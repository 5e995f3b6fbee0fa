-- ===== src/TcpServer/Removing.antt =====
-- Steps of a connection that is served, closed and removed keep every connection in one stage.
use netfish.Prelude.{
  ℕ, ◌≡◌, ◌≢◌, ◌⊎◌, inl, inr, refl, sym, subst, ◌∙◌, Bool, Bool-cases, true, false, List, [], ◌∷◌,
  ◌++◌, some, arith, ok, err, assertion_failed,
}
use netfish.Channel.{disable_all}
use netfish.TcpConnection.{TcpConnection, handle_close}
use netfish.TcpConnection.Reading.{IsUp, closed as after_close, handle_close_lem}
use netfish.TcpServer.{TcpServer, Connection, Task, destroy, erase, remove_connection_in_loop}
use netfish.TcpServer.Lifecycle.{System, Work, do_work, MayCome, is_watched, set_conn}
use netfish.TcpServer.Totals.{
  total, erase-absent, has_id, opens, ends, total-append, erase-total, has_id_self, has_id_ne,
  total-take,
}
use netfish.TcpServer.Stages.{
  Life, unborn, opening, serving, closed, removed, gone, At, Watch, Same, Same-Life, IsCalm, Idle,
  do_work-IsUp, do_work-Idle, set_conn_self, set_conn_ne, closed_of, serving_of, one_conn,
}
use netfish.TcpServer.Running.{same_or_not}

-- The object of connection `k` put back.
abbrev put : ℕ → TcpConnection → System → System
put k c s = record s { conns = set_conn k c s.conns }

put-Same : (s : System) (k n : ℕ) (c : TcpConnection) → n ≢ k → Same s (put k c s) n
put-Same s k n c h = record {
  opening = refl;
  mapped = refl;
  closing = refl;
  destroying = refl;
  conn = set_conn_ne k n c s.conns h;
  born = λ b. b;
}

put-At :
    (s : System) (k : ℕ) (c : TcpConnection) {o m d e : ℕ} {P : TcpConnection → Type 0} {on : Bool}
    → At s k o m d e P on
    → P c
    → Watch on c
    → At (put k c s) k o m d e P on
put-At s k c a known watch = record {
  conn = c;
  born = a.born;
  counts = record {
    opening = a.counts.opening;
    mapped = a.counts.mapped;
    closing = a.counts.closing;
    destroying = a.counts.destroying;
  };
  there = set_conn_self k c s.conns;
  known = known;
  watch = watch;
}

-- Work on a connection that is watched, and on one that is not.
watched-Life :
    (s : System) (k : ℕ) (w : Work) (c c' : TcpConnection)
    → s.conns k ≡ some c
    → is_watched c ≡ true
    → do_work w c ≡ ok c'
    → Life s k
    → Life (put k c' s) k
watched-Life s k w c c' p on f life =
    let a = serving_of s k c p on life in
    let here = one_conn (s.conns k) c a.conn p a.there in
    let (up, watch) = do_work-IsUp w c c' f (subst IsUp here a.known) in
    serving (put-At s k c' a up (watch ∙ subst (Watch true) here a.watch))

calm_lem :
    (s : System) (k : ℕ) (w : Work) (c c' : TcpConnection)
    → s.conns k ≡ some c
    → IsCalm w
    → MayCome w c
    → do_work w c ≡ ok c'
    → {o m d e : ℕ} → {P : TcpConnection → Type 0} → (Idle c c' → P c → P c')
    → At s k o m d e P false
    → At (put k c' s) k o m d e P false
unfolding Idle
calm_lem s k w c c' p calm m f {P = P} keeps a =
    let here = one_conn (s.conns k) c a.conn p a.there in
    let off = subst (Watch false) here a.watch in
    let idle = do_work-Idle w c c' calm m f off in
    put-At s k c' a (keeps idle (subst P here a.known))
      (subst (λ ch. (ch.events.pollin ≡ false) × (ch.events.pollout ≡ false)) (sym idle.3) off)

idle-Life :
    (s : System) (k : ℕ) (w : Work) (c c' : TcpConnection)
    → s.conns k ≡ some c
    → is_watched c ≡ false
    → IsCalm w
    → MayCome w c
    → do_work w c ≡ ok c'
    → Life s k
    → Life (put k c' s) k
unfolding Idle
idle-Life s k w c c' p off calm m f (unborn _ q) = absurd (cc)
idle-Life s k w c c' p off calm m f (opening a) =
    opening (calm_lem s k w c c' p calm m f (λ i. i.0) a)
idle-Life s k w c c' p off calm m f (serving a) =
    let on = subst (Watch true) (one_conn (s.conns k) c a.conn p a.there) a.watch in
    absurd (ground (arith, off, on))
idle-Life s k w c c' p off calm m f (closed a) =
    closed (calm_lem s k w c c' p calm m f (λ i. i.1) a)
idle-Life s k w c c' p off calm m f (removed a) =
    removed (calm_lem s k w c c' p calm m f (λ i. i.1) a)
idle-Life s k w c c' p off calm m f (gone a) = gone (calm_lem s k w c c' p calm m f (λ i. i.2) a)

pub works-Life :
    (s : System) (k : ℕ) (w : Work) (c c' : TcpConnection) (n : ℕ)
    → s.conns k ≡ some c
    → MayCome w c
    → (is_watched c ≡ true) ⊎ IsCalm w
    → do_work w c ≡ ok c'
    → ((m : ℕ) → Life s m)
    → Life (put k c' s) n
works-Life s k w c c' n p m in_time f all = elim (same_or_not n k) [
  | inl q ↦ subst (Life (put k c' s)) (sym q) (by_watch (Bool-cases (is_watched c)) in_time)
  | inr q ↦ Same-Life s (put k c' s) n (put-Same s k n c' q) (all n)
]
  where
    by_watch :
        (is_watched c ≡ true) ⊎ (is_watched c ≡ false)
        → (is_watched c ≡ true) ⊎ IsCalm w
        → Life (put k c' s) k
    by_watch (inl on) _ = watched-Life s k w c c' p on f (all k)
    by_watch (inr off) (inl on) = absurd (cc)
    by_watch (inr off) (inr calm) = idle-Life s k w c c' p off calm m f (all k)

pub closes-Life :
    (s : System) (conn : Connection) (c c' : TcpConnection) (n : ℕ)
    → s.conns conn.conn_id ≡ some c
    → is_watched c ≡ true
    → handle_close c ≡ ok c'
    → ((m : ℕ) → Life s m)
    → Life
        (record s { conns = set_conn conn.conn_id c' s.conns; closing = s.closing ++ (conn ∷ []) })
        n
unfolding disable_all
closes-Life s conn c c' n p on f all =
    let k = conn.conn_id in
    let s' : System = record s {
      conns = set_conn k c' s.conns;
      closing = s.closing ++ (conn ∷ []);
    } in
    let more = λ (m : ℕ). total-append (has_id m) s.closing (conn ∷ []) in
    elim (same_or_not n k) [
      | inl q ↦
          let a = serving_of s k c p on (all k) in
          let here = one_conn (s.conns k) c a.conn p a.there in
          let up = subst IsUp here a.known in
          let off : c' ≡ after_close c = ground (arith, f, handle_close_lem c up) in
          subst (Life s') (sym q) (
            closed (record {
              conn = c';
              born = a.born;
              counts = record {
                opening = a.counts.opening;
                mapped = a.counts.mapped;
                closing = omega (arith, more k, a.counts.closing, has_id_self conn);
                destroying = a.counts.destroying;
              };
              there = set_conn_self k c' s.conns;
              known = subst IsUp (sym off) up;
              watch = subst (Watch false) (sym off) (refl, refl);
            }))
      | inr q ↦
          Same-Life s s' n
            (record {
              opening = refl;
              mapped = refl;
              closing = omega (arith, more n, has_id_ne n conn q);
              destroying = refl;
              conn = set_conn_ne k n c' s.conns q;
              born = λ h. h;
            })
            (all n)
    ]

-- The server after a removal of a connection that is in the map once.
abbrev pub without : Connection → TcpServer → TcpServer
without conn s = record s {
  connections = (erase conn.conn_id s.connections).0;
  tasks = s.tasks ++ (destroy conn ∷ []);
}

pub remove_lem :
    (conn : Connection) (s : TcpServer)
    → (erase conn.conn_id s.connections).1 ≡ 1
    → remove_connection_in_loop true conn s ≡ ok (without conn s)
unfolding remove_connection_in_loop
remove_lem conn s h = ground (arith, h)

pub remove_again :
    (conn : Connection) (s : TcpServer)
    → total (has_id conn.conn_id) s.connections ≡ 0
    → remove_connection_in_loop true conn s ≡ err assertion_failed
unfolding remove_connection_in_loop
remove_again conn s h = ground (arith, erase-absent conn.conn_id s.connections h)

pub removes-Life :
    (s : System) (before after : List Connection) (conn : Connection) (server : TcpServer) (n : ℕ)
    → s.closing ≡ before ++ (conn ∷ after)
    → remove_connection_in_loop true conn s.server ≡ ok server
    → ((m : ℕ) → Life s m)
    → Life (record s { server = server; closing = before ++ after }) n
removes-Life s before after conn server n e f all =
    let k = conn.conn_id in
    let left = λ (m : ℕ). total-take (has_id m) s.closing before conn after e in
    let a = closed_of s k (omega (arith, left k, has_id_self conn)) (all k) in
    let (one, rest) = erase-total k s.server.connections a.counts.mapped in
    let s' : System = record s { server = without conn s.server; closing = before ++ after } in
    let now : server ≡ without conn s.server = ground (arith, f, remove_lem conn s.server one) in
    let tasks = λ (g : Task → ℕ). total-append g s.server.tasks (destroy conn ∷ []) in
    rw now (elim (same_or_not n k) [
      | inl q ↦ subst (Life s') (sym q) (
          removed (record {
            conn = a.conn;
            born = a.born;
            counts = record {
              opening = omega (arith, tasks (opens k), a.counts.opening);
              mapped = omega (arith, rest k, a.counts.mapped, has_id_self conn);
              closing = omega (arith, left k, a.counts.closing, has_id_self conn);
              destroying = omega (arith, tasks (ends k), a.counts.destroying, has_id_self conn);
            };
            there = a.there;
            known = a.known;
            watch = a.watch;
          }))
      | inr q ↦
          let other = has_id_ne n conn q in
          Same-Life s s' n
            (record {
              opening = omega (arith, tasks (opens n));
              mapped = omega (arith, rest n, other);
              closing = omega (arith, left n, other);
              destroying = omega (arith, tasks (ends n), other);
              conn = refl;
              born = λ h. h;
            })
            (all n)
    ])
.....
[WORK ORDER] Above are records; repeat only the lines starting at the line with "closing = refl;" and ending at the line with "there = set_conn_self k c s.conns;", exactly as they appear, both included.

[ANSWER TO THE EXERCISE]
  closing = refl;
  destroying = refl;
  conn = set_conn_ne k n c s.conns h;
  born = λ b. b;
}

put-At :
    (s : System) (k : ℕ) (c : TcpConnection) {o m d e : ℕ} {P : TcpConnection → Type 0} {on : Bool}
    → At s k o m d e P on
    → P c
    → Watch on c
    → At (put k c s) k o m d e P on
put-At s k c a known watch = record {
  conn = c;
  born = a.born;
  counts = record {
    opening = a.counts.opening;
    mapped = a.counts.mapped;
    closing = a.counts.closing;
    destroying = a.counts.destroying;
  };
  there = set_conn_self k c s.conns;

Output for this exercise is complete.